EXERCISE DIRECTIONS =>
The answer should be each line of the records that contains the word "agree"; please copy them all.

DATASET =>

-- ===== src/Builder.antt =====
-- `PostgresClientBuilder` of postgres_client/mod.rs, and `on_load` and `on_unload` of the plugin.
pub mod Loaded
pub mod Unloaded
use solana_indexer_plugin.Base.{
  ℕ, ◌-◌, Bool, true, false, String, ◌<>◌, join as join_texts, Option, none, some, List, [], ◌∷◌,
  map,
}
use solana_indexer_plugin.Errors.{Exit, ok, err, panic, ◌>>=◌, custom, data_schema_error}
use solana_indexer_plugin.Crates.{Crates}
use solana_indexer_plugin.Config.{
  GeyserPluginPostgresConfig, AccountsSelectorConfig, TransactionSelectorConfig, ConfigFiles,
  read_from,
}
use solana_indexer_plugin.Database.{Database}
use solana_indexer_plugin.Connect.{Connector, connect_to_db}
use solana_indexer_plugin.Handlers.{AccountHandler}
use solana_indexer_plugin.Schema.{handler_schema, slot_schema, block_schema, transaction_schema}
use solana_indexer_plugin.Slot.{get_highest_available_slot}
use solana_indexer_plugin.AccountsSelector.{AccountsSelector, new_accounts_selector}
use solana_indexer_plugin.TransactionSelector.{TransactionSelector, new_transaction_selector}
use solana_indexer_plugin.ParallelClient.{ParallelClient, new_parallel_client, Thread, join}
use solana_indexer_plugin.Plugin.{GeyserPluginPostgres, Result}

-- The statements that create the schema; `handlers` is the order in which the map is iterated.
unfoldable pub init_query : List AccountHandler → String
init_query handlers =
    join_texts "" (map handler_schema handlers)
    <> (slot_schema <> (block_schema <> transaction_schema))

-- The slot below which accounts are skipped at startup.
unfoldable pub starting_slot :
    (D : Database) → GeyserPluginPostgresConfig → D.State → Exit (Option ℕ)
unfolding get_highest_available_slot
starting_slot D config db = elim config.skip_upsert_existing_accounts_at_startup [
  | true ↦ do
    highest ← get_highest_available_slot D db
    ok (some (highest - config.safe_batch_starting_slot_cushion))
  | false ↦ ok none
]

-- What follows the execution of the schema's statements.
unfoldable pub after_init :
    (D : Database)
    → GeyserPluginPostgresConfig
    → Option String × D.State
    → Exit (ParallelClient × Option ℕ)
unfolding starting_slot
after_init D config (some e, db) =
    err (custom (data_schema_error ("[build_pararallel_postgres_client] error=[" <> (e <> "]"))))
after_init D config (none, db) = do
  slot ← starting_slot D config db
  ok (new_parallel_client config.threads, slot)

-- `PostgresClientBuilder::build_pararallel_postgres_client`
unfoldable pub build_parallel_client :
    {D : Database}
    → Connector D
    → List AccountHandler
    → GeyserPluginPostgresConfig
    → Exit (ParallelClient × Option ℕ)
build_parallel_client {D} C handlers config = do
  db ← connect_to_db C config
  after_init D config (D.execute_schema (init_query handlers) db)

-- `config.selector.as_ref().map(Selector::new)`; `none` is a panic
unfoldable pub map_new {ℓ κ} :
    {A : Type ℓ} {B : Type κ} → (A → Option B) → Option A → Option (Option B)
map_new new none = some none
map_new new (some config) = elim (new config) [ none ↦ none | some s ↦ some (some s) ]

module _ (X : Crates) where
  -- The plugin after the selectors are built.
  unfoldable pub with_selectors : GeyserPluginPostgresConfig → GeyserPluginPostgres → Result
  with_selectors config p = elim (map_new (new_accounts_selector X) config.accounts_selector) [
    | none ↦ (panic, p)
    | some accounts ↦ elim (map_new (new_transaction_selector X) config.transaction_selector) [
      | none ↦ (panic, record p { accounts_selector = accounts })
      | some transactions ↦ (
        ok tt,
        record p {
          config = some config;
          accounts_selector = accounts;
          transaction_selector = transactions;
        },
      )
    ]
  ]

  unfoldable pub finish_load :
      GeyserPluginPostgresConfig → Exit (ParallelClient × Option ℕ) → GeyserPluginPostgres → Result
  finish_load config (ok (client, slot)) p =
      with_selectors config (record p { client = some client; batch_starting_slot = slot })
  finish_load config (err e) p = (err e, p)
  finish_load config panic p = (panic, p)

  -- `GeyserPlugin::on_load`
  unfoldable pub on_load :
      {D : Database}
      → ConfigFiles
      → Connector D
      → List AccountHandler
      → String
      → GeyserPluginPostgres
      → Result
  unfolding finish_load
  on_load F C handlers config_file p = elim (read_from F config_file) [
    | ok config ↦ finish_load config (build_parallel_client C handlers config) p
    | err e ↦ (err e, p)
    | panic ↦ (panic, p)
  ]

-- `GeyserPlugin::on_unload`; `ends` is how the threads end
unfoldable pub on_unload : (ℕ → Thread) → GeyserPluginPostgres → Result
unfolding join
on_unload ends p = elim p.client [
  | none ↦ (ok tt, p)
  | some c ↦ let (exit, c') = join ends c in (exit, record p { client = some c' })
]
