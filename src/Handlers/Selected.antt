-- ===== src/Handlers/Selected.antt =====
-- The plugin's test for an account and the worker's choice of handlers agree.
use solana_indexer_plugin.Base.{
  Bool, true, false, ◌||◌, Bytes, ByteSet, contains, bytes_eq_iff, String, str_eq, eq_iff, Option,
  none, some, List, [], ◌∷◌, StringMap, lookup, any, keys, ◌≡◌, refl, ◌∙◌, ap, arith,
  unwrap_or_false, Option-cases, inl, inr,
}
use solana_indexer_plugin.Account.{DbAccountInfo}
use solana_indexer_plugin.Crates.{Crates}
use solana_indexer_plugin.Config.{AccountHandlerConfig, AccountsSelectorConfig}
use solana_indexer_plugin.AccountsSelector.{
  AccountsSelector, decode_map, new_accounts_selector, is_account_selected,
}
use solana_indexer_plugin.AccountsSelector.Decoding.{decodes_to, contains-decode_keys}
use solana_indexer_plugin.Handlers.{not_skipped, replaced_by, select_account_handlers}

-- What the crate `bs58` documents: its encoder and its decoder are inverse to one another.
pub record IsBase58 (X : Crates) : Type 0 where
  pub decode-encode : (bytes : Bytes) → X.bs58_decode (X.bs58_encode bytes) ≡ some bytes
  pub encode-decode :
      (text : String) (bytes : Bytes) → X.bs58_decode text ≡ some bytes → X.bs58_encode bytes ≡ text

-- The map has an entry for the key.
abbrev pub has_entry : Option (StringMap (List AccountHandlerConfig)) → String → Bool
has_entry none key = false
has_entry (some m) key = elim (lookup key m) [ none ↦ false | some handlers ↦ true ]

module _ (X : Crates) (base58 : IsBase58 X) where
  decodes_to-eq : (key : String) (a : Bytes) → decodes_to X key a ≡ str_eq key (X.bs58_encode a)
  decodes_to-eq key a = elim (Option-cases (X.bs58_decode key)) [
    | inl e ↦ ground (arith, base58.decode-encode a, eq_iff key (X.bs58_encode a))
    | inr (b, e) ↦ ground (
      arith,
      base58.decode-encode a,
      eq_iff key (X.bs58_encode a),
      bytes_eq_iff b a,
      base58.encode-decode key b e,
    )
  ]

  any-decodes_to :
      (m : StringMap (List AccountHandlerConfig)) (a : Bytes)
      → any (λ key. decodes_to X key a) (keys m) ≡ has_entry (some m) (X.bs58_encode a)
  unfolding any lookup
  any-decodes_to [] a = refl
  any-decodes_to ((key, hs) ∷ m) a = ground (arith, decodes_to-eq key a, any-decodes_to m a)

  contains-decode_map :
      (m : Option (StringMap (List AccountHandlerConfig))) (set : ByteSet) (a : Bytes)
      → decode_map X m ≡ some set
      → contains set a ≡ has_entry m (X.bs58_encode a)
  unfolding decode_map contains
  contains-decode_map none set a h = ground arith
  contains-decode_map (some m) set a h =
      contains-decode_keys X (keys m) set a h ∙ any-decodes_to m a

  -- If base 58 encoding and decoding are inverse, a selector that was built from a configuration
  -- selects an account exactly when the account's key or its owner's has an entry of handlers
  -- there.
  pub is_account_selected-eq-has_entry :
      (config : AccountsSelectorConfig) (s : AccountsSelector) (account owner : Bytes)
      → new_accounts_selector X config ≡ some s
      → is_account_selected s account owner ≡ (
          has_entry config.accounts (X.bs58_encode account)
          || has_entry config.owners (X.bs58_encode owner))
  unfolding new_accounts_selector is_account_selected
  is_account_selected-eq-has_entry config s account owner h =
      elim (Option-cases (decode_map X config.owners)) [
        | inl p ↦ ground arith
        | inr (os, p) ↦ elim (Option-cases (decode_map X config.accounts)) [
          | inl q ↦ ground arith
          | inr (ks, q) ↦ ground (
            arith,
            contains-decode_map config.owners os owner p,
            contains-decode_map config.accounts ks account q,
          )
        ]
      ]

replaced_by-no_entry :
    (selected : List AccountHandlerConfig) (m : Option (StringMap (List AccountHandlerConfig)))
    (key : String)
    → has_entry m key ≡ false
    → replaced_by selected m key ≡ selected
unfolding replaced_by
replaced_by-no_entry selected none key h = refl
replaced_by-no_entry selected (some m) key h = ground arith

replaced_by-entry :
    (xs ys : List AccountHandlerConfig) (m : Option (StringMap (List AccountHandlerConfig)))
    (key : String)
    → has_entry m key ≡ true
    → replaced_by xs m key ≡ replaced_by ys m key
unfolding replaced_by
replaced_by-entry xs ys none key h = cc
replaced_by-entry xs ys (some m) key h = ground arith

-- If base 58 encoding and decoding are inverse, an account that the selector built from a
-- configuration rejects has no handler under that configuration, at startup or later.
pub select_account_handlers-rejected :
    (X : Crates) (base58 : IsBase58 X) (config : AccountsSelectorConfig) (s : AccountsSelector)
    (account : DbAccountInfo) (is_startup : Bool)
    → new_accounts_selector X config ≡ some s
    → is_account_selected s account.pubkey account.owner ≡ false
    → select_account_handlers X (some config) account is_startup ≡ []
unfolding select_account_handlers
select_account_handlers-rejected X base58 config s account is_startup h r =
    rw
      (
        replaced_by-no_entry _ config.owners owner_key (ground (arith, agree)),
        replaced_by-no_entry [] config.accounts account_key (ground (arith, agree)),
      )
      refl
  where
    owner_key : String
    owner_key = X.bs58_encode account.owner

    account_key : String
    account_key = X.bs58_encode account.pubkey

    agree :
        is_account_selected s account.pubkey account.owner
        ≡ (has_entry config.accounts account_key || has_entry config.owners owner_key)
    agree = is_account_selected-eq-has_entry X base58 config s account.pubkey account.owner h

-- Where the owner of an account has an entry, the handlers of the account's own entry are never
-- called: any other `accounts` map gives the same handlers.
pub select_account_handlers-owner_wins :
    (X : Crates) (config : AccountsSelectorConfig)
    (accounts : Option (StringMap (List AccountHandlerConfig))) (account : DbAccountInfo)
    (is_startup : Bool)
    → has_entry config.owners (X.bs58_encode account.owner) ≡ true
    → select_account_handlers X (some config) account is_startup
      ≡ select_account_handlers X (some (record config { accounts = accounts })) account is_startup
unfolding select_account_handlers
select_account_handlers-owner_wins X config accounts account is_startup h =
    ap (not_skipped is_startup) (replaced_by-entry _ _ config.owners _ h)

-- No handler of the list is marked to be skipped at startup.
abbrev pub NoneSkipped : List AccountHandlerConfig → Type 0
NoneSkipped [] = Unit
NoneSkipped (h ∷ hs) = (unwrap_or_false h.skip_on_startup ≡ false) × NoneSkipped hs

not_skipped-NoneSkipped : (hs : List AccountHandlerConfig) → NoneSkipped (not_skipped true hs)
unfolding not_skipped
not_skipped-NoneSkipped [] = tt
not_skipped-NoneSkipped (h ∷ hs) = ground (arith, not_skipped-NoneSkipped hs)

-- At startup no handler is called that its configuration marks `skip_on_startup`.
pub select_account_handlers-NoneSkipped :
    (X : Crates) (selector : Option AccountsSelectorConfig) (account : DbAccountInfo)
    → NoneSkipped (select_account_handlers X selector account true)
unfolding select_account_handlers
select_account_handlers-NoneSkipped X none account = not_skipped-NoneSkipped []
select_account_handlers-NoneSkipped X (some config) account = not_skipped-NoneSkipped (
    replaced_by (replaced_by [] config.accounts (X.bs58_encode account.pubkey)) config.owners
      (X.bs58_encode account.owner))
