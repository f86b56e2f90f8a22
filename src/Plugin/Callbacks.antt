-- ===== src/Plugin/Callbacks.antt =====
-- What the calls of the validator put into the queue.
use solana_indexer_plugin.Base.{
  ℕ, Bool, true, false, not, ◌&&◌, String, ◌<>◌, none, some, [], ◌∷◌, ◌++◌, if◌then◌else◌, ◌≡◌,
  arith,
}
use solana_indexer_plugin.Errors.{ok, err, accounts_update_error}
use solana_indexer_plugin.Account.{ReplicaAccountInfoV2, new_account}
use solana_indexer_plugin.Crates.{Crates}
use solana_indexer_plugin.AccountsSelector.{is_account_selected}
use solana_indexer_plugin.Worker.{WorkRequest}
use solana_indexer_plugin.Worker
use solana_indexer_plugin.ParallelClient.{ParallelClient, send_account}
use solana_indexer_plugin.Plugin.{
  GeyserPluginPostgres, ReplicaAccountInfoVersions, skips, update_account,
}

-- The account is wanted: it is not skipped, and the selector selects it.
abbrev pub wants : GeyserPluginPostgres → ReplicaAccountInfoV2 → ℕ → Bool → Bool
wants p account slot is_startup =
    not (skips is_startup slot p.batch_starting_slot) && elim p.accounts_selector [
      | none ↦ false
      | some s ↦ is_account_selected s account.pubkey account.owner
    ]

-- While a worker receives, a call with an account succeeds, and appends one request for the account to
-- the queue if the account is wanted, and changes nothing if it is not.
pub update_account-sent :
    (X : Crates) (p : GeyserPluginPostgres) (c : ParallelClient) (account : ReplicaAccountInfoV2)
    (slot : ℕ) (is_startup : Bool)
    → p.client ≡ some c
    → c.is_connected ≡ true
    → update_account X (ReplicaAccountInfoVersions.v0_0_2 account) slot is_startup p ≡ (
      ok tt,
      if wants p account slot is_startup
          then record p {
            client = some (record c {
              sent = c.sent ++ (Worker.update_account (new_account account slot) is_startup ∷ []);
            });
          }
          else p,
    )
unfolding update_account send_account
update_account-sent X p c account slot is_startup loaded connected = ground arith

-- Once no worker receives any more, a call with an account in the supported format that is wanted
-- fails, and the plugin and its queue stay as they were.
pub update_account-disconnected :
    (X : Crates) (p : GeyserPluginPostgres) (c : ParallelClient) (account : ReplicaAccountInfoV2)
    (slot : ℕ) (is_startup : Bool)
    → p.client ≡ some c
    → c.is_connected ≡ false
    → wants p account slot is_startup ≡ true
    → (message : String) × (update_account X
          (ReplicaAccountInfoVersions.v0_0_2 account)
          slot
          is_startup
          p
        ≡ (err (accounts_update_error message), p))
unfolding update_account send_account
update_account-disconnected X p c account slot is_startup loaded gone wanted = (
  "Failed to persist the update of account to the PostgreSQL database. Error: "
      <> X.debug (
          accounts_update_error (
            "Failed to update the account "
            <> (X.debug_text (X.bs58_encode account.pubkey) <> (", error: " <> X.send_error)))),
  ground arith,
)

FINISHED EXERCISE =>
-- The plugin's test for an account and the worker's choice of handlers agree.
        replaced_by-no_entry _ config.owners owner_key (ground (arith, agree)),
        replaced_by-no_entry [] config.accounts account_key (ground (arith, agree)),
    agree :
    agree = is_account_selected-eq-has_entry X base58 config s account.pubkey account.owner h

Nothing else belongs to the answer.